What to work on:
Please repeat the lines below, exactly and only, from the one that holds "reaches time start_date [] = false" through the one that holds "(sym (append-nil txs)))".

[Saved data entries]
◆ ◆ ◆ ◆

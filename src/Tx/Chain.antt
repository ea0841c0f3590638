-- ===== src/Tx/Chain.antt =====
-- relayer/client/tx/chain.go: the transactions of an address, page by page from the latest on.
pub mod Fill
pub mod Page
pub mod Since
use tx_xrpl_token_migrator.Base.{
  ℕ, zero, suc, ◌+◌, ◌/◌, ◌%◌, ◌==◌, Bool, true, false, Option, none, some, List, [], ◌∷◌, ◌++◌,
  if◌then◌else◌,
}
use tx_xrpl_token_migrator.Base.Int.{ℤ, ltb_ℤ}
use tx_xrpl_token_migrator.Base.Str.{Str, codes}
use tx_xrpl_token_migrator.Base.Go.{Go, ok, err, panics, ◌>>=◌, new_error}
use tx_xrpl_token_migrator.Xrpl.Model.{Time}

-- `sdk.TxResponse`, as far as the paging reads it.
pub record ChainTx : Type 0 where
  pub tx_hash : Str
  pub height : ℕ
  pub timestamp : Str
  pub code : ℕ

-- `sdk.SearchTxsResult`
pub record SearchTxsResult : Type 0 where
  pub page_total : ℕ
  pub txs : List ChainTx

-- The node's `ResultTx`, as far as it is read: the bytes of the transaction, and what
-- `sdk.NewResponseResultTx` takes over.
pub record ResultTx : Type 0 where
  pub tx : Str
  pub tx_hash : Str
  pub height : ℕ
  pub code : ℕ

-- `ResultTxSearch`
pub record ResultTxSearch : Type 0 where
  pub txs : List ResultTx
  pub total_count : ℕ

-- What a transaction is decoded to by the `TxDecoder`, if it is: a value with `AsAny` or not.
pub data Decoded : Type 0 where
  refused other into_any : Decoded

-- What is not part of the repository: the node, if there is one, the decoder of transactions, the
-- number of pages that `sdk.NewSearchTxsResult` computes from a count and a limit, and the printer
-- and the parser of times.
pub record Search : Type 0 where
  pub has_node : Bool
  pub tx_search : Str → ℕ → ℕ → Go ResultTxSearch
  pub block_time : ℕ → Go Time
  pub decode_tx : Str → Decoded
  pub page_count : ℕ → ℕ → ℕ
  pub time_string : Time → Str
  pub parse_timestamp : Str → Option Time

module _ (Q : Search) where
  -- `mkTxResult`
  unfoldable pub mk_tx_result : ResultTx → Go ChainTx
  mk_tx_result res_tx = elim (Q.decode_tx res_tx.tx) [
    | Decoded.refused ↦ err (new_error (codes "failed to decode tx"))
    | Decoded.other ↦ err (new_error (codes "expecting a type implementing intoAny"))
    | Decoded.into_any ↦ ok (record {
      tx_hash = res_tx.tx_hash;
      height = res_tx.height;
      timestamp = [];
      code = res_tx.code;
    })
  ]

  -- `formatTxResults`
  unfoldable pub format_tx_results : List ResultTx → Go (List ChainTx)
  unfolding mk_tx_result
  format_tx_results [] = ok []
  format_tx_results (res_tx ∷ res_txs) =
      mk_tx_result res_tx >>= λ tx. format_tx_results res_txs >>= λ txs. ok (tx ∷ txs)

  -- The tasks of the worker pool: each fills in the time of one transaction. They touch nothing of
  -- one another but a list of errors, of which it is only read whether it is empty, so that their
  -- order does not matter; here they run in the order of the transactions.
  unfoldable pub fill_timestamps : List ChainTx → Go (List ChainTx)
  fill_timestamps [] = ok []
  fill_timestamps (tx ∷ txs) =
      let rest = fill_timestamps txs in
      elim (Q.block_time tx.height) [
        | panics ↦ panics
        | err _ ↦ rest >>= λ _. err (new_error (codes "failed to fill tx timestamp"))
        | ok time ↦ rest >>= λ filled. ok (record tx { timestamp = Q.time_string time } ∷ filled)
      ]

  -- `queryTxsByEvents`, for one event, in descending order.
  unfoldable pub query_txs_by_events : Str → ℕ → ℕ → Go SearchTxsResult
  unfolding format_tx_results fill_timestamps
  query_txs_by_events event page limit =
      if Q.has_node
      then Q.tx_search event page limit >>= (λ res_txs. format_tx_results res_txs.txs >>= λ txs.
          fill_timestamps txs >>= λ filled.
          ok (record { page_total = Q.page_count res_txs.total_count limit; txs = filled }))
      else err (new_error (codes "the RPC node is not initialized"))

module _ (Q : Search) (event : Str) (events_page_size : ℕ) (start_date : Time) where
  -- The loop over a page: what is kept, and whether the start date is reached.
  unfoldable pub scan_page : List ChainTx → List ChainTx → Go (List ChainTx × Bool)
  scan_page [] txs = ok (txs, false)
  scan_page (tx ∷ page) txs =
      let skipped = scan_page page txs in
      let kept = scan_page page (txs ++ tx ∷ []) in
      elim (Q.parse_timestamp tx.timestamp) [
        | none ↦ err (new_error (codes "parsing time"))
        | some timestamp ↦
            if ltb_ℤ timestamp start_date
            then ok (txs, true)
            else if tx.code == 0
            then kept
            else skipped
      ]

  -- The loop over the pages that are left, from a page on.
  unfoldable pub fetch_pages : ℕ → ℕ → List ChainTx → Go (List ChainTx)
  unfolding scan_page
  fetch_pages zero page txs = ok txs
  fetch_pages (suc left) page txs =
      let more = λ (found : List ChainTx). fetch_pages left (page + 1) found in
      query_txs_by_events Q event page events_page_size >>= λ res.
      scan_page res.txs txs >>= λ (found, stop). if stop then ok found else more found

  -- `pagesTotal`
  unfoldable pub pages_total : ℕ → ℕ
  pages_total total =
      if total % events_page_size == 0
      then total / events_page_size
      else total / events_page_size + 1

  -- `queryTransactionsByEvents`
  unfoldable pub query_transactions_by_events : Go (List ChainTx)
  unfolding fetch_pages pages_total
  query_transactions_by_events =
      query_txs_by_events Q event 1 1 >>= λ res. fetch_pages (pages_total res.page_total) 1 []

-- `GetSpendingTransactions`
unfoldable pub get_spending_transactions : Search → ℕ → Str → Time → Go (List ChainTx)
unfolding query_transactions_by_events
get_spending_transactions Q events_page_size from_address start_date =
    query_transactions_by_events Q (codes "coin_spent.spender='" ++ (from_address ++ codes "'"))
      events_page_size start_date
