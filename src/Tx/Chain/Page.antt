-- ===== src/Tx/Chain/Page.antt =====
-- The transactions of a page that are kept, and the front of a list up to a date.
use tx_xrpl_token_migrator.Base.{
  All, ℕ, ◌==◌, ◌≡◌, refl, sym, ap, ◌∙◌, inl, inr, Bool, true, false, some, List, [], ◌∷◌, ◌++◌,
  append_assoc, append-nil, filter, if◌then◌else◌, Bool-cases,
}
use tx_xrpl_token_migrator.Base.Int.{ltb_ℤ}
use tx_xrpl_token_migrator.Base.Str.{Str}
use tx_xrpl_token_migrator.Base.Go.{ok}
use tx_xrpl_token_migrator.Xrpl.Model.{Time}
use tx_xrpl_token_migrator.Tx.Chain.{ChainTx, Search, scan_page}

-- The front of a list up to the first transaction before the start date.
abbrev pub since : (ChainTx → Time) → Time → List ChainTx → List ChainTx
since time start_date [] = []
since time start_date (tx ∷ txs) =
    let rest = since time start_date txs in if ltb_ℤ (time tx) start_date then [] else tx ∷ rest

abbrev pub is_success : ChainTx → Bool
is_success tx = tx.code == 0

-- Whether the start date is reached.
abbrev pub reaches : (ChainTx → Time) → Time → List ChainTx → Bool
reaches time start_date [] = false
reaches time start_date (tx ∷ txs) =
    let rest = reaches time start_date txs in if ltb_ℤ (time tx) start_date then true else rest

module _ (Q : Search) (event : Str) (events_page_size : ℕ) (start_date : Time)
    (time : ChainTx → Time) where
  -- The timestamp of a transaction is read as its time.
  abbrev pub Reads : ChainTx → Type 0
  Reads tx = Q.parse_timestamp tx.timestamp ≡ some (time tx)

  pub scan_page-since :
      (page txs : List ChainTx)
      → All Reads page
      → scan_page Q event events_page_size start_date page txs
        ≡ ok (txs ++ filter is_success (since time start_date page), reaches time start_date page)
  unfolding scan_page
  scan_page-since [] txs all = ap (λ r. ok (r, false)) (sym (append-nil txs))
  scan_page-since (tx ∷ page) txs (reads, all) = elim (Bool-cases (ltb_ℤ (time tx) start_date)) [
    | inl y ↦ rw (reads, y, scan_page) (ap (λ r. ok (r, true)) (sym (append-nil txs)))
    | inr n ↦ elim (Bool-cases (tx.code == 0)) [
      | inl z ↦
          rw (reads, n, z, scan_page)
            (scan_page-since page (txs ++ tx ∷ []) all
              ∙ ap (λ r. ok (r, reaches time start_date page))
                  (append_assoc txs (tx ∷ []) (filter is_success (since time start_date page))))
      | inr z ↦ rw (reads, n, z, scan_page) (scan_page-since page txs all)
    ]
  ]

module _ (start_date : Time) (time : ChainTx → Time) where
  since-append :
      (xs ys : List ChainTx)
      → since time start_date (xs ++ ys) ≡ (
          if reaches time start_date xs
          then since time start_date xs
          else xs ++ since time start_date ys)
  since-append [] ys = refl
  since-append (x ∷ xs) ys = elim (Bool-cases (ltb_ℤ (time x) start_date)) [
    | inl y ↦ rw y refl
    | inr n ↦ elim (Bool-cases (reaches time start_date xs)) [
      | inl z ↦
          rw (n, z)
            (ap (λ r. x ∷ r)
              (since-append xs ys
                ∙ ap (λ b. if b then since time start_date xs else xs ++ since time start_date ys)
                    z))
      | inr z ↦
          rw (n, z)
            (ap (λ r. x ∷ r)
              (since-append xs ys
                ∙ ap (λ b. if b then since time start_date xs else xs ++ since time start_date ys)
                    z))
    ]
  ]

  pub since-stops :
      (xs ys : List ChainTx)
      → reaches time start_date xs ≡ true
      → since time start_date (xs ++ ys) ≡ since time start_date xs
  since-stops xs ys h =
      since-append xs ys
      ∙ ap (λ b. if b then since time start_date xs else xs ++ since time start_date ys) h

  pub since-goes :
      (xs ys : List ChainTx)
      → reaches time start_date xs ≡ false
      → since time start_date (xs ++ ys) ≡ xs ++ since time start_date ys
  since-goes xs ys h =
      since-append xs ys
      ∙ ap (λ b. if b then since time start_date xs else xs ++ since time start_date ys) h

  pub since-whole :
      (xs : List ChainTx) → reaches time start_date xs ≡ false → since time start_date xs ≡ xs
  since-whole xs h =
      ap (since time start_date) (sym (append-nil xs)) ∙ since-goes xs [] h ∙ append-nil xs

◆ ◆ ◆ ◆

Exercise output:
reaches time start_date [] = false
reaches time start_date (tx ∷ txs) =
    let rest = reaches time start_date txs in if ltb_ℤ (time tx) start_date then true else rest

module _ (Q : Search) (event : Str) (events_page_size : ℕ) (start_date : Time)
    (time : ChainTx → Time) where
  -- The timestamp of a transaction is read as its time.
  abbrev pub Reads : ChainTx → Type 0
  Reads tx = Q.parse_timestamp tx.timestamp ≡ some (time tx)

  pub scan_page-since :
      (page txs : List ChainTx)
      → All Reads page
      → scan_page Q event events_page_size start_date page txs
        ≡ ok (txs ++ filter is_success (since time start_date page), reaches time start_date page)
  unfolding scan_page
  scan_page-since [] txs all = ap (λ r. ok (r, false)) (sym (append-nil txs))
  scan_page-since (tx ∷ page) txs (reads, all) = elim (Bool-cases (ltb_ℤ (time tx) start_date)) [
    | inl y ↦ rw (reads, y, scan_page) (ap (λ r. ok (r, true)) (sym (append-nil txs)))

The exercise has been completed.